──────── Exercise data
-- ===== src/Parser/Acceptance/Messages.antt =====
-- What `parseMessage` of parser.go has checked when no error was recorded.
use edifact_parser.Base.{
  get_or, ℕ, zero, suc, ◌&&◌, Option, none, some, [], ◌≡◌, ◌≢◌, inl, inr, Bytes, length, bytes_eq,
  Bool-cases, if_ind, ◌>>=◌, ltb,
}
use edifact_parser.Token.{is_eof_type}
use edifact_parser.Parser.State.{
  empty_message_type, empty_message_reference, Parser, Segment, ParsedMessage, is_segment_tag,
  invalid_unh, expected_unt,
}
use edifact_parser.Parser.Segments.{read_segment}
use edifact_parser.Parser.Messages.{
  segment_tag_loc, loc_subscription_position, segment_tag_unt, unh_min_data_elements,
  append_segment, unh_header, note_subscription, body_loop, unt_trailer, parse_message,
}
use edifact_parser.Parser.Acceptance.{
  Post, Post-map, Post-before, Post-some, Post-none, Post-bind, add_error-ne-nil, require-errors,
  read_segment-Post,
}

-- The two texts that the domain model wants.
pub record IsNamed (m : ParsedMessage) : Type 0 where
  pub has_type : m.message_type ≢ []
  pub has_reference : m.message_reference ≢ []

abbrev pub IsNamed? : Option ParsedMessage → Type 0
IsNamed? none = ⊥
IsNamed? (some m) = IsNamed m

IsNamed-append_segment :
    (t : Bytes) (seg : Segment) {m : ParsedMessage} → IsNamed m → IsNamed (append_segment t seg m)
IsNamed-append_segment t seg h = record { has_type = h.has_type; has_reference = h.has_reference }

IsNamed-note_subscription :
    (seg : Segment) (m : ParsedMessage) → IsNamed m → IsNamed (note_subscription seg m)
unfolding note_subscription
IsNamed-note_subscription seg m h =
    if_ind IsNamed
      (bytes_eq seg.tag segment_tag_loc
        && ltb 0 (length seg.data_elements)
        && (ltb 0 (length (get_or seg.data_elements 0 []))
            && bytes_eq (get_or (get_or seg.data_elements 0 []) 0 []) loc_subscription_position)
        && (ltb 1 (length seg.data_elements) && ltb 0 (length (get_or seg.data_elements 1 []))))
      (λ _. record { has_type = h.has_type; has_reference = h.has_reference }) (λ _. h)

unh_header-IsNamed :
    (seg : Segment) (p : Parser)
    → (unh_header seg p).1.errors ≡ []
    → (p.errors ≡ []) × IsNamed (unh_header seg p).0
unfolding unh_header
unh_header-IsNamed seg p h =
    let (more, has_type) = require-errors _ seg empty_message_type _ h in
    let (first, has_reference) = require-errors _ seg empty_message_reference p more in
    (first, record { has_type = has_type; has_reference = has_reference })

abbrev Keeps : ParsedMessage → ParsedMessage → Type 0
Keeps m m' = IsNamed m → IsNamed m'

module _ (n : ℕ) where
  body_loop-Post : (k : ℕ) (m : ParsedMessage) (p : Parser) → Post p (body_loop n k m p) (Keeps m)
  unfolding body_loop
  body_loop-Post zero m p = Post-none
  body_loop-Post (suc k) m p = elim (Bool-cases (is_eof_type p.current_token.kind)) [
    | inl e ↦ rw (e, body_loop) (Post-some m p (λ h. (h, λ x. x)))
    | inr live ↦ elim (Bool-cases (is_segment_tag p segment_tag_unt)) [
      | inl u ↦ rw (live, u, body_loop) (Post-some m p (λ h. (h, λ x. x)))
      | inr u ↦
          rw (live, u, body_loop)
            (Post-bind (read_segment n p) _ (read_segment-Post n p) λ seg q.
              Post-map (body_loop n k _ q) (body_loop-Post k _ q) (λ b f _ x.
                f (IsNamed-append_segment seg.tag seg (IsNamed-note_subscription seg m x))))
    ]
  ]

  unt_trailer-Post : (m : ParsedMessage) (p : Parser) → Post p (unt_trailer n m p) (Keeps m)
  unfolding unt_trailer
  unt_trailer-Post m p = elim (Bool-cases (is_segment_tag p segment_tag_unt)) [
    | inl u ↦
        rw (u, unt_trailer)
          (Post-bind (read_segment n p) _ (read_segment-Post n p)
            λ seg q. Post-some _ q (λ h. (h, λ _ x. IsNamed-append_segment segment_tag_unt seg x)))
    | inr u ↦
        rw (u, unt_trailer)
          (Post-some m _ (λ h. absurd (
            add_error-ne-nil p p.current_token.line p.current_token.column
              (expected_unt m.message_reference) h)))
  ]

  -- Behind the header of the message.
  message-Post :
      (seg : Segment) (p : Parser)
      → Post p
          (do
            (body, r) ← body_loop n n (unh_header seg p).0 (unh_header seg p).1
            (whole, s) ← unt_trailer n body r
            some (some whole, s))
          (λ m. Unit {0} → IsNamed? m)
  message-Post seg p =
      let (msg, checked) = unh_header seg p in
      Post-before _ (unh_header-IsNamed seg p)
        (Post-bind {Q = Keeps msg} {R = λ m. IsNamed msg → IsNamed? m} (body_loop n n msg checked) _
          (body_loop-Post n msg checked)
          λ body r.
            Post-bind {Q = Keeps body} {R = λ m. Keeps msg body → IsNamed msg → IsNamed? m}
              (unt_trailer n body r) _ (unt_trailer-Post body r)
              λ whole s. Post-some (some whole) s (λ h. (h, λ f g x. f (g x))))
        (λ a named f _. f named)

  -- If no error is recorded when `parseMessage` returns, none was recorded before the call, it
  -- returned a message, and that message has a type and a reference.
  pub parse_message-Post : (p : Parser) → Post p (parse_message n p) IsNamed?
  unfolding parse_message
  parse_message-Post p = Post-bind (read_segment n p) _ (read_segment-Post n p) λ seg q.
      if_ind (λ (o : Option (Option ParsedMessage × Parser)). Post q o (λ m. Unit → IsNamed? m))
        (ltb (length seg.data_elements) unh_min_data_elements)
        (λ _. Post-some none _ (λ h.
          absurd
            (add_error-ne-nil q seg.line seg.column (invalid_unh (length seg.data_elements)) h)))
        (λ _. message-Post seg q)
────────────────
**Task item:** Could you write out all the entries word for word?

**Output:**
-- ===== src/Parser/Acceptance/Messages.antt =====
-- What `parseMessage` of parser.go has checked when no error was recorded.
use edifact_parser.Base.{
  get_or, ℕ, zero, suc, ◌&&◌, Option, none, some, [], ◌≡◌, ◌≢◌, inl, inr, Bytes, length, bytes_eq,
  Bool-cases, if_ind, ◌>>=◌, ltb,
}
use edifact_parser.Token.{is_eof_type}
use edifact_parser.Parser.State.{
  empty_message_type, empty_message_reference, Parser, Segment, ParsedMessage, is_segment_tag,
  invalid_unh, expected_unt,
}
use edifact_parser.Parser.Segments.{read_segment}
use edifact_parser.Parser.Messages.{
  segment_tag_loc, loc_subscription_position, segment_tag_unt, unh_min_data_elements,
  append_segment, unh_header, note_subscription, body_loop, unt_trailer, parse_message,
}
use edifact_parser.Parser.Acceptance.{
  Post, Post-map, Post-before, Post-some, Post-none, Post-bind, add_error-ne-nil, require-errors,
  read_segment-Post,
}

-- The two texts that the domain model wants.
pub record IsNamed (m : ParsedMessage) : Type 0 where
  pub has_type : m.message_type ≢ []
  pub has_reference : m.message_reference ≢ []

abbrev pub IsNamed? : Option ParsedMessage → Type 0
IsNamed? none = ⊥
IsNamed? (some m) = IsNamed m

IsNamed-append_segment :
    (t : Bytes) (seg : Segment) {m : ParsedMessage} → IsNamed m → IsNamed (append_segment t seg m)
IsNamed-append_segment t seg h = record { has_type = h.has_type; has_reference = h.has_reference }

IsNamed-note_subscription :
    (seg : Segment) (m : ParsedMessage) → IsNamed m → IsNamed (note_subscription seg m)
unfolding note_subscription
IsNamed-note_subscription seg m h =
    if_ind IsNamed
      (bytes_eq seg.tag segment_tag_loc
        && ltb 0 (length seg.data_elements)
        && (ltb 0 (length (get_or seg.data_elements 0 []))
            && bytes_eq (get_or (get_or seg.data_elements 0 []) 0 []) loc_subscription_position)
        && (ltb 1 (length seg.data_elements) && ltb 0 (length (get_or seg.data_elements 1 []))))
      (λ _. record { has_type = h.has_type; has_reference = h.has_reference }) (λ _. h)

unh_header-IsNamed :
    (seg : Segment) (p : Parser)
    → (unh_header seg p).1.errors ≡ []
    → (p.errors ≡ []) × IsNamed (unh_header seg p).0
unfolding unh_header
unh_header-IsNamed seg p h =
    let (more, has_type) = require-errors _ seg empty_message_type _ h in
    let (first, has_reference) = require-errors _ seg empty_message_reference p more in
    (first, record { has_type = has_type; has_reference = has_reference })

abbrev Keeps : ParsedMessage → ParsedMessage → Type 0
Keeps m m' = IsNamed m → IsNamed m'

module _ (n : ℕ) where
  body_loop-Post : (k : ℕ) (m : ParsedMessage) (p : Parser) → Post p (body_loop n k m p) (Keeps m)
  unfolding body_loop
  body_loop-Post zero m p = Post-none
  body_loop-Post (suc k) m p = elim (Bool-cases (is_eof_type p.current_token.kind)) [
    | inl e ↦ rw (e, body_loop) (Post-some m p (λ h. (h, λ x. x)))
    | inr live ↦ elim (Bool-cases (is_segment_tag p segment_tag_unt)) [
      | inl u ↦ rw (live, u, body_loop) (Post-some m p (λ h. (h, λ x. x)))
      | inr u ↦
          rw (live, u, body_loop)
            (Post-bind (read_segment n p) _ (read_segment-Post n p) λ seg q.
              Post-map (body_loop n k _ q) (body_loop-Post k _ q) (λ b f _ x.
                f (IsNamed-append_segment seg.tag seg (IsNamed-note_subscription seg m x))))
    ]
  ]

  unt_trailer-Post : (m : ParsedMessage) (p : Parser) → Post p (unt_trailer n m p) (Keeps m)
  unfolding unt_trailer
  unt_trailer-Post m p = elim (Bool-cases (is_segment_tag p segment_tag_unt)) [
    | inl u ↦
        rw (u, unt_trailer)
          (Post-bind (read_segment n p) _ (read_segment-Post n p)
            λ seg q. Post-some _ q (λ h. (h, λ _ x. IsNamed-append_segment segment_tag_unt seg x)))
    | inr u ↦
        rw (u, unt_trailer)
          (Post-some m _ (λ h. absurd (
            add_error-ne-nil p p.current_token.line p.current_token.column
              (expected_unt m.message_reference) h)))
  ]

  -- Behind the header of the message.
  message-Post :
      (seg : Segment) (p : Parser)
      → Post p
          (do
            (body, r) ← body_loop n n (unh_header seg p).0 (unh_header seg p).1
            (whole, s) ← unt_trailer n body r
            some (some whole, s))
          (λ m. Unit {0} → IsNamed? m)
  message-Post seg p =
      let (msg, checked) = unh_header seg p in
      Post-before _ (unh_header-IsNamed seg p)
        (Post-bind {Q = Keeps msg} {R = λ m. IsNamed msg → IsNamed? m} (body_loop n n msg checked) _
          (body_loop-Post n msg checked)
          λ body r.
            Post-bind {Q = Keeps body} {R = λ m. Keeps msg body → IsNamed msg → IsNamed? m}
              (unt_trailer n body r) _ (unt_trailer-Post body r)
              λ whole s. Post-some (some whole) s (λ h. (h, λ f g x. f (g x))))
        (λ a named f _. f named)

  -- If no error is recorded when `parseMessage` returns, none was recorded before the call, it
  -- returned a message, and that message has a type and a reference.
  pub parse_message-Post : (p : Parser) → Post p (parse_message n p) IsNamed?
  unfolding parse_message
  parse_message-Post p = Post-bind (read_segment n p) _ (read_segment-Post n p) λ seg q.
      if_ind (λ (o : Option (Option ParsedMessage × Parser)). Post q o (λ m. Unit → IsNamed? m))
        (ltb (length seg.data_elements) unh_min_data_elements)
        (λ _. Post-some none _ (λ h.
          absurd
            (add_error-ne-nil q seg.line seg.column (invalid_unh (length seg.data_elements)) h)))
        (λ _. message-Post seg q)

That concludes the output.